Videophones

For related articles, click:

NOTE

This Web page was written at 1995, when deployment of ISDN, not to mention broadband Internet service, was still in the future. At 2005, broadband Internet, provided via cable TV and ADSL is available in several regions worldwide. In those regions, several deaf people use PCs equipped with webcams and software such as MSN Messenger for video communications.

MOVING PICTURE TRANSMISSION AT LOW BITRATES FOR SIGN LANGUAGE COMMUNICATION

Written by:
M. W. Whybray
BT Laboratories
Martlesham Heath
Ipswich, IP5 7RE
England

Introduction

There are about 50,000 people in the UK for whom sign language is the preferred means of personal communication, usually because of profound deafness. However, the existing telephone system only allows these people to use text based terminals (textphones), which are very impersonal to use, and about 6 times slower than verbal communication.

Sign language is as fast as speech, and so the ability to transmit moving pictures of sufficient quality for sign language over telephone and other networks would enable deaf people to use their most efficient means of communication, as well as allowing far more interactive and personally satisfying conversations. This paper describes the development at BT Laboratories of an experimental videophone for sign language communication that works over the normal Public Switched Telephone Network (PSTN) using a 14.4 kbit/s modem.

Video Codec

The key module in the videophone is a video codec (coder/decoder) that implements an image compression algorithm allowing transmission of moving images at a data rate of only 14.4 kbit/s. The coding algorithm used for early tests produced binary pictures (ie only black or white pixels) by means of a 'valledge' operator [1]. This operator was sensitive to the local valley-shaped image intensity features that had been identified as perceptually important when representing human faces and hands. The cartoon-like output image was quite intelligible when the person signing wore plain dark clothing, sat in front of a plain background, and was illuminated from the front. This was fine in the laboratory, but on field trial in deaf people's homes it was soon clear that it was not possible to control any of these factors sufficiently without causing unacceptable inconvenience to the users.

A different coding algorithm was therefore developed which provided a full grey-scale. It is based on the CCITT Recommendation H.261 algorithm [2], and uses a combination of motion-compensated prediction and transform coding. Briefly, the new image frame to be encoded is divided up into square blocks of pixels, and compared to the last displayed frame. For each block in the new frame, the old frame is searched by looking in the local region for a block which matches the image data in the new block as closely as possible. The idea is that moving objects will be tracked by finding the corresponding match between the image data in the two frames. If a good match is found, then by transmitting the required displacement (or 'motion vector') for that and subsequent blocks a first approximation or 'prediction' of the new frame can be constructed.
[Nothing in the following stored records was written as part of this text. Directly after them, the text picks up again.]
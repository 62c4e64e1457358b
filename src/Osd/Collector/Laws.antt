-- ===== src/Osd/Collector/Laws.antt =====
-- What a `Collect` of ceph/osd.go shows of the replies.
use ceph_exporter.Base.{
  ℕ, ◌≤◌, Option-cases, String, ◌≡◌, refl, ap, ◌∙◌, ◌>>=◌, true, Option, none, some, List, [], ◌∷◌,
  all, length, ==_iff, if◌then◌else◌, Bool-cases, string_beq, inl, inr,
}
use mathlib.Core.List.{Memᴰ}
use ceph_exporter.Float.{Float64}
use ceph_exporter.Prometheus.{Metric, IsWellFormed, GaugeVecs}
use ceph_exporter.Prometheus.WellFormed.{is_well_formed, all-Mem, IsWellFormed-Mem}
use ceph_exporter.Json.{Buffer, unmarshal}
use ceph_exporter.Conn.{Conn}
use ceph_exporter.Exporter.Interleaving.{Received, concat}
use ceph_exporter.Osd.Labels.{TreeNode, OsdLabel, parent_map}
use ceph_exporter.Osd.Labels.Ancestors.{IsRanked}
use ceph_exporter.Osd.Labels.Laws.{build_osd_labels-IsLabelled}
use ceph_exporter.Osd.Names.{Labels, labels_of}
use ceph_exporter.Osd.Replies.{OsdNode, tree_command}
use ceph_exporter.Osd.Decoders.{decode_tree_down}
use ceph_exporter.Osd.Scrub.{Cache, PgStat, update}
use ceph_exporter.Osd.Sent.{
  down_metric, down_metrics, from_tree_down, collect_tree_down, scrub_metric, scrub_metrics,
}
use ceph_exporter.Osd.Writes.{OsdGauge, desc, Write}
use ceph_exporter.Osd.Collector.{
  is_reset, OsdCollector, Collected, collect, gather, build_osd_label_cache, from_tree, tree_reply,
  reset_all, reported, pg_dump, writers,
}
use ceph_exporter.Osd.Collector.Interleavings.{last_write, last_write-Received, get-apply_all}
use ceph_exporter.Osd.Collector.Owners.{is_fitting}
use ceph_exporter.Osd.Collector.Runs.{has_one_writer-writers, are_fitting-writers}

-- The nodes have ranks, none above the number of nodes, that fall from each node to its parent.
abbrev pub IsAcyclic : {W : Type 0} → List (TreeNode W) → Type 0
IsAcyclic {W} ns =
    (rank : OsdLabel W → ℕ) × IsRanked (parent_map ns) rank
    × ((l : OsdLabel W) → rank l ≤ length (parent_map ns))

module _ (fl : Float64) where
  open fl use {Value}

  module _ (gv : GaugeVecs Value) where
    get-reset_all :
        (g : OsdGauge) (ls : List String) (o : OsdCollector fl gv)
        → gv.get (reset_all fl gv o.vecs g) ls ≡ (if is_reset g then none else gv.get (o.vecs g) ls)
    unfolding reset_all
    get-reset_all g ls o = elim (Bool-cases (is_reset g)) [
      | inl e ↦ rw e (gv.get-reset (o.vecs g) ls)
      | inr e ↦ rw e refl
    ]

    gather-last_write :
        (replace_nan : Buffer → Buffer) (conn : Conn) (labels : Labels fl) (ws : List (Write Value))
        (o : OsdCollector fl gv) (g : OsdGauge) (ls : List String)
        → Received (writers fl replace_nan conn labels) ws
        → gv.get ((gather fl gv conn ws labels o).collector.vecs g) ls
          ≡ last_write g ls
              (if is_reset g then none else gv.get (o.vecs g) ls)
              (concat (writers fl replace_nan conn labels))
    unfolding gather
    gather-last_write replace_nan conn labels ws o g ls r =
        get-apply_all fl gv g ls ws (reset_all fl gv o.vecs)
        ∙ ap (λ found. last_write g ls found ws) (get-reset_all g ls o)
        ∙ last_write-Received g ls _ _ ws r (has_one_writer-writers fl g replace_nan conn labels)

    build_osd_label_cache-IsAcyclic :
        (conn : Conn) (old : Labels fl)
        → ((ns : List (TreeNode Value)) → tree_reply fl conn ≡ some ns → IsAcyclic ns)
        → (labels : Labels fl) × (build_osd_label_cache fl conn old ≡ some labels)
    unfolding build_osd_label_cache from_tree
    build_osd_label_cache-IsAcyclic conn old acyclic = elim (Option-cases (tree_reply fl conn)) [
      | inl e ↦ (old, rw e refl)
      | inr (ns, e) ↦
          let (rank, is_ranked, bounded) = acyclic ns e in
          let (labels, built, _) = build_osd_labels-IsLabelled ns rank is_ranked bounded in
          (labels, rw e built)
    ]

    -- Where the CRUSH tree that the cluster replies, if it does, has no cycle, Collect builds its
    -- labels and ends, and whatever the order in which its four goroutines write, if it keeps the order
    -- of each, a series of a gauge then shows the value last written to it when they run one after the
    -- other with these labels; where there is none, nothing for a vector that is reset, and what it
    -- showed before for one that is not.
    pub collect-last_write :
        (replace_nan : Buffer → Buffer) (conn : Conn) (o : OsdCollector fl gv)
        (order : Labels fl → List (Write Value))
        → ((ns : List (TreeNode Value)) → tree_reply fl conn ≡ some ns → IsAcyclic ns)
        → ((labels : Labels fl) → Received (writers fl replace_nan conn labels) (order labels))
        → (labels : Labels fl) × (c : Collected fl gv) × (build_osd_label_cache fl conn
              o.osd_labels_cache
            ≡ some labels)
          × (collect fl gv conn (order labels) o ≡ some c)
          × ((g : OsdGauge) (ls : List String)
              → gv.get (c.collector.vecs g) ls
                ≡ last_write g ls
                    (if is_reset g then none else gv.get (o.vecs g) ls)
                    (concat (writers fl replace_nan conn labels)))
    unfolding collect
    collect-last_write replace_nan conn o order acyclic received =
        let (labels, built) = build_osd_label_cache-IsAcyclic conn o.osd_labels_cache acyclic in
        (
          labels,
          gather fl gv conn (order labels) labels o,
          built,
          rw built refl,
          λ g ls. gather-last_write replace_nan conn labels (order labels) o g ls (received labels),
        )

  all_down-is_well_formed :
      (labels : Labels fl) (ns : List OsdNode)
      → all is_well_formed (down_metrics fl labels ns) ≡ true
  unfolding down_metrics down_metric
  all_down-is_well_formed labels [] = refl
  all_down-is_well_formed labels (n ∷ ns) = elim (Bool-cases (string_beq n.type "osd")) [
    | inl e ↦ rw e (all_down-is_well_formed labels ns)
    | inr e ↦ rw e (all_down-is_well_formed labels ns)
  ]

  pub tree_down-is_well_formed :
      (labels : Labels fl) (o : Option (List OsdNode))
      → all is_well_formed (from_tree_down fl labels o) ≡ true
  unfolding from_tree_down
  tree_down-is_well_formed labels none = refl
  tree_down-is_well_formed labels (some ns) = all_down-is_well_formed labels ns

  scrub-is_well_formed :
      (labels : Labels fl) (c : Cache) → all is_well_formed (scrub_metrics fl labels c) ≡ true
  unfolding scrub_metrics scrub_metric labels_of
  scrub-is_well_formed labels [] = refl
  scrub-is_well_formed labels (_ ∷ c) = scrub-is_well_formed labels c

  pub reported-is_well_formed :
      (labels : Labels fl) (cache : Cache) (o : Option (List PgStat))
      → all is_well_formed (reported fl labels cache o) ≡ true
  unfolding reported
  reported-is_well_formed labels cache none = refl
  reported-is_well_formed labels cache (some groups) =
      scrub-is_well_formed labels (update cache groups)

  abbrev pub tree_down_reply : Conn → Option (List OsdNode)
  tree_down_reply conn = do
    buf ← conn.mon_command (tree_command ("down" ∷ []))
    unmarshal decode_tree_down buf

  -- No `WithLabelValues` and no `MustNewConstMetric` of a Collect panics: of each write to a gauge,
  -- the number of label values is the number of the labels of the gauge, and so it is of each OSD
  -- that is sent as down or with the state of its scrubs, whatever the cluster replies.
  pub collect-IsWellFormed :
      (gv : GaugeVecs Value) (replace_nan : Buffer → Buffer) (conn : Conn) (labels : Labels fl)
      (ws : List (Write Value)) (o : OsdCollector fl gv)
      → ((w : Write Value)
          → Memᴰ w (concat (writers fl replace_nan conn labels))
          → length w.labels ≡ length (desc w.gauge).labels)
        × ((m : Metric Value) → Memᴰ m (gather fl gv conn ws labels o).down → IsWellFormed m)
        × ((m : Metric Value) → Memᴰ m (gather fl gv conn ws labels o).scrubbed → IsWellFormed m)
  unfolding is_fitting gather collect_tree_down
  collect-IsWellFormed gv replace_nan conn labels ws o = (
    λ w i.
        (==_iff (length w.labels) (length (desc w.gauge).labels)).0
          (all-Mem is_fitting _ (are_fitting-writers fl replace_nan conn labels) i),
    λ m. IsWellFormed-Mem _ m (tree_down-is_well_formed labels (tree_down_reply conn)),
    λ m. IsWellFormed-Mem _ m (reported-is_well_formed labels o.osd_scrub_cache (pg_dump conn)),
  )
This prediction is subtracted from the new frame and the resultant prediction error is then data compressed by means of a block based Discrete Cosine Transform (DCT). This acts in a similar way to a Fourier transform by mapping spatial domain data into a frequency-like domain. In this transform domain, the useful information tends to be ordered in such a way as to make data reduction by means of quantisation and variable length coding more efficient, and also has the advantage that the coding errors introduced are of a relatively benign nature since they manifest themselves largely as blurring and random noise in the final image. The codewords generated are assembled into packets, together with the block displacement information and synchronising codewords, for transmission. Frames are reconstructed at the receiving end by translating codewords back into transform coefficient values, performing an inverse DCT, and adding the resultant blocks to the prediction frame generated by applying the received motion vectors to the old displayed frame.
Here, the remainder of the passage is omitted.